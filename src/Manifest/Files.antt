-- ===== src/Manifest/Files.antt =====
-- `Read`, `ensureSafeNextSSTableID` and `Write`: the manifest in its directory.
use hypha_db.Base.{
  ℕ, ◌+◌, ◌-◌, ◌^◌, ◌≤◌, ◌<◌, ◌≡◌, ◌⊎◌, inl, inr, refl, sym, ap, Bool, true, false, Option, none,
  some, List, [], ◌∷◌, length, take, take-all, All-map, ok-injective, subst, ltb, leb, ◌==◌,
  if◌then◌else◌, Result, ok, err, fail_if, ◌>>=◌, ◌>>◌, arith, All, ge→ltb,
}
use hypha_db.Base.Bytes.{IsU32}
use hypha_db.Manifest.{
  SstableMetadata, Manifest, ManifestError, corrupt, ids_exhausted, file_over, read_failed, encode,
  decode, manifest_header_size, max_manifest_payload_size,
}
use hypha_db.Manifest.RoundTrip.{IsStorable, decode-encode, length-encode}

abbrev pub empty_manifest : Manifest
empty_manifest = record { next_sstable_id = 0; next_wal_segment_id = 0; sstables = [] }

-- The pair `hasTables, maxID` of the loop; `none` where no table has been seen.
unfoldable pub max_table_id : Option ℕ → List SstableMetadata → Option ℕ
max_table_id seen [] = seen
max_table_id none (t ∷ ts) = max_table_id (some t.id) ts
max_table_id (some m) (t ∷ ts) = max_table_id (some (if ltb m t.id then t.id else m)) ts

max_table_id_bound :
    (seen : ℕ) (ts : List SstableMetadata)
    → (max : ℕ) × (max_table_id (some seen) ts ≡ some max) × (seen ≤ max) × All (λ t. t.id ≤ max) ts
unfolding max_table_id
max_table_id_bound seen [] = (seen, refl, omega arith, tt)
max_table_id_bound seen (t ∷ ts) =
    let (max, found, above, all) = max_table_id_bound (if ltb seen t.id then t.id else seen) ts in
    (max, found, ground arith, (ground arith, all))

-- The last step of `ensureSafeNextSSTableID`, once the largest identifier is known.
unfoldable pub bump_past : ℕ → Manifest → Result ManifestError Manifest
bump_past max_id m =
    if leb m.next_sstable_id max_id
    then (if max_id == 2 ^ 64 - 1
        then err (corrupt ids_exhausted)
        else ok (record m { next_sstable_id = max_id + 1 }))
    else ok m

unfoldable pub ensure_safe_next_sstable_id : Manifest → Result ManifestError Manifest
ensure_safe_next_sstable_id m = elim (max_table_id none m.sstables) [
  | none ↦ ok m
  | some max_id ↦ bump_past max_id m
]

bump_past_lem :
    (max_id : ℕ) (m safe : Manifest)
    → bump_past max_id m ≡ ok safe
    → (safe.sstables ≡ m.sstables)
      × (safe.next_wal_segment_id ≡ m.next_wal_segment_id)
      × (m.next_sstable_id ≤ safe.next_sstable_id)
      × (max_id < safe.next_sstable_id)
unfolding bump_past
bump_past_lem max_id m safe e = ground arith

first_table :
    (ts : List SstableMetadata)
    → ((max_table_id none ts ≡ none) × (ts ≡ []))
      ⊎ ((max : ℕ) × (max_table_id none ts ≡ some max) × All (λ t. t.id ≤ max) ts)
unfolding max_table_id
first_table [] = inl (refl, refl)
first_table (t ∷ ts) =
    let (max, found, above, all) = max_table_id_bound t.id ts in inr (max, found, (above, all))

-- A manifest that `ensureSafeNextSSTableID` accepts keeps its tables and its WAL identifier, its
-- next table identifier has not fallen, and no table of it has that identifier or a later one.
pub ensure_safe-IsFresh :
    (m safe : Manifest)
    → ensure_safe_next_sstable_id m ≡ ok safe
    → (safe.sstables ≡ m.sstables)
      × (safe.next_wal_segment_id ≡ m.next_wal_segment_id)
      × (m.next_sstable_id ≤ safe.next_sstable_id)
      × All (λ t. t.id < safe.next_sstable_id) m.sstables
unfolding ensure_safe_next_sstable_id
ensure_safe-IsFresh m safe e = elim (first_table m.sstables) [
  | inl none_seen ↦
      let same : m ≡ safe = ok-injective (rw (none_seen.0, ensure_safe_next_sstable_id) at e) in
      (
        ap (λ x. x.sstables) (sym same),
        ap (λ x. x.next_wal_segment_id) (sym same),
        omega (arith, ap (λ (x : Manifest). x.next_sstable_id) same),
        subst (All (λ t. t.id < safe.next_sstable_id)) (sym none_seen.1) tt,
      )
  | inr (max_id, found, all) ↦
      let (tables, wal, grown, past) =
        bump_past_lem max_id m safe (rw (found, ensure_safe_next_sstable_id) at e) in
      (tables, wal, grown, All-map _ _ (λ t le. omega arith) m.sstables all)
]

-- What opening and reading the file gives.
pub data FileRead : Type 0 where
  not_exist cannot_open cannot_read : FileRead
  contents : List ℕ → FileRead

-- The files at `path` and at `path + ".tmp"`.
pub record Dir : Type 0 where
  pub main : Option (List ℕ)
  pub tmp : Option (List ℕ)

-- The first call of `Write` that fails; a failing write leaves some first bytes of the data.
pub data Fault : Type 0 where
  none_fails create_fails sync_fails close_fails rename_fails sync_parent_fails : Fault
  write_fails : ℕ → Fault

pub data WriteError : Type 0 where
  not_encoded : ManifestError → WriteError
  io_error : Fault → WriteError
  publish_error : WriteError

-- `IsPublished`
unfoldable pub is_published : WriteError → Bool
is_published publish_error = true
is_published (not_encoded e) = false
is_published (io_error f) = false

-- The new manifest is in place: no error, or `IsPublished`.
abbrev pub took_effect : Result WriteError Unit → Bool
took_effect (ok u) = true
took_effect (err e) = is_published e

-- `os.Remove(tmpPath)`, whose error is ignored.
abbrev remove_tmp : Bool → Dir → Dir
remove_tmp removable d = if removable then record d { tmp = none } else d

-- The calls of `Write` on the encoded bytes.
unfoldable pub publish : Fault → Bool → List ℕ → Dir → Result WriteError Unit × Dir
publish none_fails removable file d = (ok tt, record { main = some file; tmp = none })
publish create_fails removable file d = (err (io_error create_fails), d)
publish (write_fails n) removable file d =
    (err (io_error (write_fails n)), remove_tmp removable (record d { tmp = some (take n file) }))
publish sync_fails removable file d =
    (err (io_error sync_fails), remove_tmp removable (record d { tmp = some file }))
publish close_fails removable file d =
    (err (io_error close_fails), remove_tmp removable (record d { tmp = some file }))
publish rename_fails removable file d =
    (err (io_error rename_fails), remove_tmp removable (record d { tmp = some file }))
publish sync_parent_fails removable file d =
    (err publish_error, record { main = some file; tmp = none })

-- `Write` once `encode` has returned.
unfoldable pub write_encoded :
    Fault → Bool → Result ManifestError (List ℕ) → Dir → Result WriteError Unit × Dir
write_encoded fault removable (err e) d = (err (not_encoded e), d)
write_encoded fault removable (ok file) d = publish fault removable file d

-- The new manifest is the whole file, or the old one is there still.
abbrev pub IsAtomic : Result WriteError Unit × Dir → Result ManifestError (List ℕ) → Dir → Type 0
IsAtomic (result, d') encoded d =
    if took_effect result
    then ((file : List ℕ) × (encoded ≡ ok file) × (d'.main ≡ some file))
    else (d'.main ≡ d.main)

write_encoded-IsAtomic :
    (fault : Fault) (removable : Bool) (encoded : Result ManifestError (List ℕ)) (d : Dir)
    → IsAtomic (write_encoded fault removable encoded d) encoded d
unfolding write_encoded publish is_published
write_encoded-IsAtomic fault removable (err e) d = refl
write_encoded-IsAtomic none_fails r (ok file) d = (file, refl, refl)
write_encoded-IsAtomic create_fails r (ok file) d = refl
write_encoded-IsAtomic (write_fails n) r (ok file) d = ground arith
write_encoded-IsAtomic sync_fails r (ok file) d = ground arith
write_encoded-IsAtomic close_fails r (ok file) d = ground arith
write_encoded-IsAtomic rename_fails r (ok file) d = ground arith
write_encoded-IsAtomic sync_parent_fails r (ok file) d = (file, refl, refl)

module _ (crc32c : List ℕ → ℕ) where
  -- The `LimitReader` passes on one byte more than the largest manifest has.
  unfoldable pub read : FileRead → Result ManifestError Manifest
  read not_exist = ok empty_manifest
  read cannot_open = err read_failed
  read cannot_read = err read_failed
  read (contents stored) = do
    let file = take (manifest_header_size + max_manifest_payload_size + 1) stored
    fail_if (ltb (manifest_header_size + max_manifest_payload_size) (length file))
        (corrupt file_over)
    m ← decode crc32c file
    ensure_safe_next_sstable_id m

  unfoldable pub write : Fault → Bool → Option Manifest → Dir → Result WriteError Unit × Dir
  write fault removable m d = write_encoded fault removable (encode crc32c m) d

  -- `Write` replaces the manifest by the whole encoding if it succeeds or its error is a publish
  -- error, and leaves the manifest as it was on every other error.
  pub write-IsAtomic :
      (fault : Fault) (removable : Bool) (m : Option Manifest) (d : Dir)
      → IsAtomic (write fault removable m d) (encode crc32c m) d
  unfolding write
  write-IsAtomic fault removable m d = write_encoded-IsAtomic fault removable (encode crc32c m) d

module _ (crc32c : List ℕ → ℕ) (crc32c_fits : (bs : List ℕ) → IsU32 (crc32c bs)) where
  -- Reading a manifest that was encoded gives it back, its next table identifier made safe.
  pub read-encode :
      (m : Manifest) (file : List ℕ)
      → IsStorable m
      → encode crc32c (some m) ≡ ok file
      → read crc32c (contents file) ≡ ensure_safe_next_sstable_id m
  unfolding read
  read-encode m file st e =
      let short = length-encode crc32c m file e in
      rw
        (
          take-all (20 + max_manifest_payload_size + 1) file (omega (arith, short)),
          ge→ltb (20 + max_manifest_payload_size) (length file) short,
          decode-encode crc32c crc32c_fits m file st e,
        )
        refl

● Activity
Copy all lines from the material that contain "sstables".

● Response
empty_manifest = record { next_sstable_id = 0; next_wal_segment_id = 0; sstables = [] }
ensure_safe_next_sstable_id m = elim (max_table_id none m.sstables) [
    → (safe.sstables ≡ m.sstables)
    → (safe.sstables ≡ m.sstables)
      × All (λ t. t.id < safe.next_sstable_id) m.sstables
ensure_safe-IsFresh m safe e = elim (first_table m.sstables) [
        ap (λ x. x.sstables) (sym same),
      (tables, wal, grown, All-map _ _ (λ t le. omega arith) m.sstables all)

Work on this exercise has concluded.